Menurut dia, beberapa capaian positif telah diraih meskipun disadari masih banyak hal yang perlu dibenahi, diperbaiki dan ditingkatkan.
Selain penurunan jumlah penduduk miskin, Indeks Pembangunan Manusia (IPM) berada pada angka 79,58 dan menempati peringkat pertama kabupaten dan kota di Maluku.
“Selain itu menempati peringkat ke tujuh kabupaten dan kota secara nasional. Pencapaian ini harus terus dipertahankan dan ditingkatkan lagi,” katanya.
Richard mengatakan, parameter pencapaian IPM diantaranya usia rata-rata hidup, angka kelahiran dan kematian ibu dan anak, serta tingkat kelulusan.
“Capaian positif yang diraih dapat menjadi pendorong untuk melakukan yang lebih baik lgai, karena tidak dipungkiri masih banyak yang perlu ditingkatkan,” ujarnya.
Diakuinya, tahun 2016 merupakan tahun terakhir dalam tahapan Rencana Pembangunan Jangka Menengah (RPJM) kota Ambon tahun 2011 – 2016.

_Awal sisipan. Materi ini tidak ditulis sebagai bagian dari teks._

-- ===== src/Query/Types.antt =====
-- src/query/types.rs
use dirbase.Prelude.{ℕ, String, Bool, not, Option, none, some, List, map, filter, if◌then◌else◌}
use dirbase.Runtime.{Runtime}
use dirbase.Text.{split, trim, is_empty, eq_ignore_ascii_case}
use dirbase.Text.Decimal.{parse_bool}

pub data FilterOperator : Type 0 where
  eq ne lt lte gt gte in_list contains starts_with ends_with is_null is_not_null : FilterOperator

pub record SortColumn : Type 0 where
  pub field_path : String
  pub descending : Bool

pub record Pagination : Type 0 where
  pub page : ℕ
  pub per_page : ℕ

pub record PaginationWindow : Type 0 where
  pub first : ℕ
  pub prev : Option ℕ
  pub next : Option ℕ
  pub last : ℕ
  pub page : ℕ
  pub pages : ℕ
  pub items : ℕ
  pub start : ℕ
  pub end : ℕ

module _ ⦃rt : Runtime⦄ where
  pub data ComparableValue : Type 0 where
    null : ComparableValue
    number : rt.Float → ComparableValue
    bool : Bool → ComparableValue
    string : String → ComparableValue

  unfoldable pub prepare_bool : String → Option Bool → ComparableValue
  prepare_bool expected (some b) = bool b
  prepare_bool expected none = string expected

  unfoldable pub prepare_number : String → Option rt.Float → ComparableValue
  unfolding prepare_bool
  prepare_number expected (some x) = number x
  prepare_number expected none = prepare_bool expected (parse_bool expected)

  unfoldable pub prepare_expected_value : String → ComparableValue
  unfolding prepare_number
  prepare_expected_value expected =
      if eq_ignore_ascii_case expected "null"
      then null
      else prepare_number expected (rt.parse_f64 expected)

  unfoldable pub prepare_in_values : String → List ComparableValue
  prepare_in_values value =
      map prepare_expected_value (filter (λ v. not (is_empty v)) (map trim (split b',' value)))

  pub record FilterCondition : Type 0 where
    pub field_path : String
    pub field_segments : List String
    pub operator : FilterOperator
    pub value : String
    pub value_lower : String
    pub prepared_value : ComparableValue
    pub prepared_in_values : List ComparableValue

  -- `FilterCondition::new`
  unfoldable pub filter_condition : String → FilterOperator → String → FilterCondition
  filter_condition field_path operator value = record {
    field_path = field_path;
    field_segments = split b'.' field_path;
    operator = operator;
    value = value;
    value_lower = rt.to_lowercase value;
    prepared_value = prepare_expected_value value;
    prepared_in_values = prepare_in_values value;
  }

  pub record ParsedCollectionQuery : Type 0 where
    pub filters : List FilterCondition
    pub sort_columns : List SortColumn
    pub pagination : Option Pagination
    pub embeds : List String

“Apa yang dicapai selama ini menjadi momentum, pembelajaran sekaligus bahan evaluasi untuk melanjutkan pembangunan, bagi peningkatan kesejahteraan masyarakat,” kata Richard.

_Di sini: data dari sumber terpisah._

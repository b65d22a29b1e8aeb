-- ===== src/Query/Sort.antt =====
-- src/query/sort.rs. The standard library documents `sort_by` for a comparison that orders the items:
-- there is one stable sorted order then, and insertion sort finds it. For another comparison it may
-- panic, or leave the items in any order, and the result is none here.
pub mod Insertion
pub mod Sorted
use mathlib.Core.Option
use dirbase.Prelude.{
  Bool, true, false, not, ◌&&◌, ◌||◌, Option, none, some, List, [], ◌∷◌, Ordering, all,
  if◌then◌else◌, and_then, unwrap_or,
}
use Prim.Native.String.{compare as compare_text}
use dirbase.Json.{Json, as_array, from_array}
use dirbase.Error.{AppError, app_error, bad_request, Result, ok, err}
use dirbase.Runtime.{Runtime, Value}
use dirbase.Query.Types.{SortColumn}
use dirbase.Query.Evaluator.{get_value_at_path, value_to_filter_string, compare_bool, is_greater}

abbrev pub reverse : Ordering → Ordering
reverse Ordering.lt = Ordering.gt
reverse Ordering.gt = Ordering.lt
reverse Ordering.eq = Ordering.eq

-- The first result if it is not `Equal`.
abbrev pub then_with : Ordering → Ordering → Ordering
then_with Ordering.eq later = later
then_with first later = first

unfoldable pub same_ordering : Ordering → Ordering → Bool
same_ordering Ordering.lt Ordering.lt = true
same_ordering Ordering.eq Ordering.eq = true
same_ordering Ordering.gt Ordering.gt = true
same_ordering _ _ = false

module _ {ℓ} {A : Type ℓ} (compare : A → A → Ordering) where
  unfoldable pub insert_sorted : A → List A → List A
  insert_sorted x [] = x ∷ []
  insert_sorted x (y ∷ ys) =
      let later = insert_sorted x ys in if is_greater (compare x y) then y ∷ later else x ∷ y ∷ ys

  unfoldable pub insertion_sort : List A → List A
  unfolding insert_sorted
  insertion_sort [] = []
  insertion_sort (x ∷ xs) = insert_sorted x (insertion_sort xs)

  -- What the standard library asks of the comparison: that it gives the opposite for the items the
  -- other way round, and that an item that does not follow a second one, which does not follow a
  -- third, does not follow the third.
  abbrev pub opposite : A → A → Bool
  opposite x y = same_ordering (compare x y) (reverse (compare y x))

  abbrev pub chained : A → A → A → Bool
  chained x y z =
      is_greater (compare x y) || is_greater (compare y z) || not (is_greater (compare x z))

  unfoldable pub orders : List A → Bool
  orders items = all (λ x. all (λ y. opposite x y && all (chained x y) items) items) items

  -- `items.sort_by(compare)`
  unfoldable pub sort_by : List A → Option (List A)
  sort_by items = if orders items then some (insertion_sort items) else none

module _ ⦃rt : Runtime⦄ where
  compare_floats : Option rt.Float → Option rt.Float → Ordering
  compare_floats left right =
      unwrap_or (and_then left (λ l. and_then right (λ r. rt.float_cmp l r))) Ordering.eq

  unfoldable pub compare_json_values : Value → Value → Ordering
  unfolding compare_floats
  compare_json_values (Json.number left) (Json.number right) =
      compare_floats (rt.number_as_f64 left) (rt.number_as_f64 right)
  compare_json_values (Json.bool left) (Json.bool right) = compare_bool left right
  compare_json_values (Json.string left) (Json.string right) = compare_text left right
  compare_json_values Json.null Json.null = Ordering.eq
  compare_json_values left right =
      compare_text (value_to_filter_string left) (value_to_filter_string right)

  unfoldable pub compare_optional_values : Option Value → Option Value → Ordering
  compare_optional_values (some left) (some right) = compare_json_values left right
  compare_optional_values (some left) none = Ordering.gt
  compare_optional_values none (some right) = Ordering.lt
  compare_optional_values none none = Ordering.eq

  unfoldable pub compare_column : Value → Value → SortColumn → Ordering
  unfolding compare_optional_values
  compare_column left right column =
      let cmp =
        compare_optional_values (get_value_at_path left column.field_path)
          (get_value_at_path right column.field_path) in
      if column.descending then reverse cmp else cmp

  unfoldable pub compare_items_by_columns : List SortColumn → Value → Value → Ordering
  unfolding compare_column
  compare_items_by_columns [] left right = Ordering.eq
  compare_items_by_columns (column ∷ columns) left right =
      then_with (compare_column left right column) (compare_items_by_columns columns left right)

  unfoldable pub sort_collection_refs : List SortColumn → List Value → Option (List Value)
  sort_collection_refs columns items = sort_by (compare_items_by_columns columns) items

  sort_array : List SortColumn → Option (List Value) → Option (Result Value AppError)
  unfolding sort_collection_refs
  sort_array columns none = some (err (app_error bad_request "Resource is not a JSON array"))
  sort_array columns (some items) =
      Option.map (λ sorted. ok (from_array sorted)) (sort_collection_refs columns items)

  -- None stands for the panic, or for any order of the items.
  unfoldable pub sort_collection_data : Value → List SortColumn → Option (Result Value AppError)
  unfolding sort_array
  sort_collection_data value columns = sort_array columns (as_array value)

Ia menyatakan, tahun 2015 pertama kalinya Anggaran Pendapatan dan Belanja Daerah (APBD) Kota Ambon mencapai angka Rp1 Triliun.
Meskipun demikian, lanjutnya disadari peningkatan anggaran belum memberikan kontribusi yang sepadan bagi peningkatan komponen belanja langsung pembangunan kepada masyarakat.
“Belanja langsung APBD Kota Ambon tahun 2015, mencapai kisaran 31%, dan perlu terus ditingkatkan lagi di tahun mendatang,” tandasnya.
Ditambahkannya, pembangunan di Kota Ambon merupakan kewajiban Pemerintah Kota Ambon. Karena itu, sudah saatnya mulai dipikirkan sumber-sumber pendanaan pembangunan lain.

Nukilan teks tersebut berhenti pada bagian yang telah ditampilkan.